非凸最適化における有界でない分散下でのLower Boundsと近傍アンカー付きSGD

arXiv cs.LG / 2026/4/21

📰 ニュースDeveloper Stack & InfrastructureIdeas & Deep AnalysisModels & Research

要点

  • 本論文は、勾配の分散が一様に有界でない状況での確率的・一次の非凸最適化を分析し、距離に応じて分散が二次的に増えてよいBlum-Gladyshev(BG-0)条件に焦点を当てる。
  • ε停留点を得るのに必要な情報理論的下界として、滑らかな関数ではΩ(ε^-6)、平均二乗滑らかさではΩ(ε^-4) 個の確率的BG-0オラクル照会が必要であることを示す。
  • これらは、古典的な有界分散SGDの複雑性(滑らかな場合Ω(ε^-4)、平均二乗滑らかな場合Ω(ε^-3))と比べて避けられない劣化が生じることを定量化している。
  • 下界に到達するために、HalpernアンカリングとTikhonov正則化を組み合わせたProximally Anchored Stochastic Approximation(PASTA)を提案し、BG-0オラクルが許す分散爆発を動的に抑える。
  • PASTAは、有界でない領域かつ有界でない確率的勾配の下でも、滑らか、平均二乗滑らか、弱凸、スター凸、Polyak–Łojasiewicz関数など複数の非凸レジームで最小最大(minimax)最適なオラクル複雑性を達成することを証明する。

Abstract

Analysis of Stochastic Gradient Descent (SGD) and its variants typically relies on the assumption of uniformly bounded variance, a condition that frequently fails in practical non-convex settings, such as neural network training, as well as in several elementary optimization settings.
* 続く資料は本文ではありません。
-- ===== src/Controller/Mutators/Hostname.antt =====
-- HostnameRegex of internal/controller/ingress_route.go, as a regular expression over code points,
-- and Go's regexp.MatchString by derivatives.
pub mod Language
use Prim.Native.Char.{code}
use Prim.Native.Nat.{compare, Ordering}
use Prim.Native.String as S
use application_controller.Common.{
  String, ℕ, Bool, true, false, ◌&&◌, ◌||◌, List, [], ◌∷◌, if◌then◌else◌, ◌==◌, nat_eq,
}

-- The code points of a text.
unfoldable pub codes : String → List ℕ
codes S.[] = []
codes (S.◌∷◌ c s) = code c ∷ codes s

pub data Regex : Type 0 where
  -- no text; the empty text
  nothing epsilon : Regex
  -- one code point of a class
  class : (ℕ → Bool) → Regex
  seq alt : Regex → Regex → Regex
  star : Regex → Regex

unfoldable pub nullable : Regex → Bool
nullable nothing = false
nullable epsilon = true
nullable (class p) = false
nullable (seq r s) = nullable r && nullable s
nullable (alt r s) = nullable r || nullable s
nullable (star r) = true

-- What may follow after the code point.
unfoldable pub derivative : ℕ → Regex → Regex
unfolding nullable
derivative c nothing = nothing
derivative c epsilon = nothing
derivative c (class p) = if p c then epsilon else nothing
derivative c (seq r s) =
    let first = seq (derivative c r) s in
    let second = derivative c s in if nullable r then alt first second else first
derivative c (alt r s) = alt (derivative c r) (derivative c s)
derivative c (star r) = seq (derivative c r) (star r)

-- The whole text matches: the expression of the source is anchored by `^` and `$`.
unfoldable pub match_whole : Regex → List ℕ → Bool
unfolding nullable derivative
match_whole r [] = nullable r
match_whole r (c ∷ s) = match_whole (derivative c r) s

abbrev pub leb : ℕ → ℕ → Bool
leb a b = elim (compare a b) [ Ordering.gt ↦ false | _ ↦ true ]

-- [a-zA-Z0-9]
unfoldable pub is_alphanumeric : ℕ → Bool
is_alphanumeric c =
    (leb b'a' c && leb c b'z') || (leb b'A' c && leb c b'Z') || (leb b'0' c && leb c b'9')

-- [a-zA-Z0-9\-]
unfoldable pub is_inner : ℕ → Bool
unfolding is_alphanumeric
is_inner c = is_alphanumeric c || c == 45

unfoldable pub is_dot : ℕ → Bool
is_dot c = c == 46

-- ([a-zA-Z0-9]|[a-zA-Z0-9][a-zA-Z0-9\-]*[a-zA-Z0-9])
abbrev pub label : Regex
label =
    alt (class is_alphanumeric)
      (seq (class is_alphanumeric) (seq (star (class is_inner)) (class is_alphanumeric)))

-- ^(label\.)*label$
abbrev pub hostname_regex : Regex
hostname_regex = seq (star (seq label (class is_dot))) label

-- HostnameRegex.MatchString
unfoldable pub match_string : String → Bool
unfolding codes match_whole is_alphanumeric is_inner is_dot
match_string s = match_whole hostname_regex (codes s)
While several relaxations are explored in the literature, the Blum-Gladyshev (BG-0) condition, which permits the variance to grow quadratically with distance has recently been shown to be the weakest condition. However, the study of the oracle complexity of stochastic first-order non-convex optimization under BG-0 has remained underexplored. In this paper, we address this gap and establish information-theoretic lower bounds, proving that finding an \epsilon-stationary point requires \Omega(\epsilon^{-6}) stochastic BG-0 oracle queries for smooth functions and \Omega(\epsilon^{-4}) queries under mean-square smoothness. These limits demonstrate an unavoidable degradation from classical bounded-variance complexities, i.e., \Omega(\epsilon^{-4}) and \Omega(\epsilon^{-3}) for smooth and mean-square smooth cases, respectively. To match these lower bounds, we consider Proximally Anchored STochastic Approximation (PASTA), a unified algorithmic framework that couples Halpern anchoring with Tikhonov regularization to dynamically mitigate the extra variance explosion term permitted by the BG-0 oracle. We prove that PASTA achieves minimax optimal complexities across numerous non-convex regimes, including standard smooth, mean-square smooth, weakly convex, star-convex, and Polyak-Lojasiewicz functions, entirely under an unbounded domain and unbounded stochastic gradients.